Ben-Gurion formed the fourth government on 24 December 1952, dropping the ultra-orthodox parties (Agudat Yisrael and Agudat Yisrael Workers) and replacing them with the General Zionists and the Progressive Party. The new government had 16 ministers. Ben-Gurion resigned on 6 December 1953 as he wished to settle in the Negev kibbutz of Sde Boker.

===Fifth government===

Moshe Sharett formed the fifth government on 26 January 1954 with the same coalition partners and ministers.
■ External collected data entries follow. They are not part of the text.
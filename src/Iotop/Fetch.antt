-- ===== src/Iotop/Fetch.antt =====
-- `make_stats` and `fetch_data` of iotop-master/src/xxxid_info.c, with `filter1` of main.c. The kernel's
-- answer to `nl_xxxid_info` and the file that `read_cmdline2` reads are arguments; `none` as a result is
-- an access through a NULL pointer.
pub mod Vanished
use reading_comment.Common.{
  ℕ, ◌+◌, ◌*◌, Bool, true, false, not, ◌&&◌, ◌||◌, Option, none, some, List, [], ◌∷◌, ◌++◌, length,
  ◌==◌, if◌then◌else◌,
}
use reading_comment.Common.Bytes.{Bytes, codes}
use reading_comment.Iotop.Types.{XxxidStats, Params, minus_one32}
use reading_comment.Iotop.Pids.{Pidgen, all_pids}

-- Whether `filter1` looks at the process at all
abbrev pub watches : Params → Bool
watches p = not (p.user_id == minus_one32) || not (p.pid == minus_one32)

-- `filter1`: true for a process that is not to be shown
unfoldable pub filter1 : {D : Type 0} → Params → XxxidStats D → Bool
filter1 p s =
    if not (p.user_id == minus_one32) && not (s.euid == p.user_id)
    then true
    else not (p.pid == minus_one32) && not (s.tid == p.pid)

-- The list from `schain`, and whether `p` is NULL behind it
pub record Chain (D : Type 0) : Type 0 where
  pub schain : List (XxxidStats D)
  pub lost : Bool

-- `s` is put behind a list that is not empty.
abbrev put_behind : {D : Type 0} → Chain D → Option (XxxidStats D) → Option (Chain D)
put_behind c none = if c.lost then none else some (record c { lost = true })
put_behind c (some s) = if c.lost then none else some (record c { schain = c.schain ++ (s ∷ []) })

-- The branches of `if (!schain)`
unfoldable pub link : {D : Type 0} → Chain D → Option (XxxidStats D) → Option (Chain D)
link c s = elim c.schain [
  | [] ↦ elim s [ none ↦ some c | some s' ↦ some (record { schain = s' ∷ []; lost = false }) ]
  | t ∷ ts ↦ put_behind c s
]

-- `make_stats`
unfoldable pub make_stats :
    {D : Type 0} → (ℕ → Option (XxxidStats D)) → (ℕ → Option Bytes) → ℕ → Option (XxxidStats D)
make_stats info cmdline pid = elim (info pid) [
  | none ↦ none
  | some s ↦ some (record s {
    tid = pid;
    cmdline = elim (cmdline pid) [ none ↦ codes "<unknown>" | some text ↦ text ];
  })
]

-- `filter(s)`: `filter1` reads `*s` when it looks at the process.
unfoldable pub filter : {D : Type 0} → Params → Option (XxxidStats D) → Option Bool
filter p none = if watches p then none else some false
filter p (some s) = some (filter1 p s)

-- One round of the loop of `fetch_data`
unfoldable pub add_process :
    {D : Type 0} → Params → Chain D → Option (XxxidStats D) → Option (Chain D)
add_process p c s = elim (filter p s) [ none ↦ none | some true ↦ some c | some false ↦ link c s ]

module _ {D : Type 0} (info : ℕ → Option (XxxidStats D)) (cmdline : ℕ → Option Bytes)
    (p : Params) where
  unfoldable pub fetch_loop : Chain D → List ℕ → Option (Chain D)
  fetch_loop c [] = some c
  fetch_loop c (pid ∷ pids) = elim (add_process p c (make_stats info cmdline pid)) [
    | none ↦ none
    | some c' ↦ fetch_loop c' pids
  ]

abbrev schain_of : {D : Type 0} → Option (Chain D) → Option (List (XxxidStats D))
schain_of none = none
schain_of (some c) = some c.schain

-- `fetch_data` on the names in /proc, which opens. `fuel` bounds the rounds.
unfoldable pub fetch_data :
    {D : Type 0}
    → (ℕ → Option (XxxidStats D))
    → (ℕ → Option Bytes)
    → Params
    → (ℕ → Option (List Bytes))
    → ℕ
    → List Bytes
    → Option (List (XxxidStats D))
fetch_data info cmdline p opendir fuel proc =
    elim (all_pids opendir (2 * length proc + 1) fuel
      (record { proc = proc; task = none; tasks = p.processes == 0 })) [
        | none ↦ none
        | some pids ↦
            schain_of (fetch_loop info cmdline p (record { schain = []; lost = false }) pids)
      ]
Sharett resigned on 29 June 1955, when the General Zionists refused to abstain from voting on a motion of no-confidence brought by Herut and Maki over the government's position on the trial of Malchiel Gruenwald, who had accused Rudolf Kastner of collaborating with the Nazis.

===Sixth government===

Sharett formed the sixth government on 29 June 1955, eliminating the General Zionists and the Progressive Party from the coalition and reducing the number of ministers to 12. The new government did not last long, as a general election was called for 26 July 1955.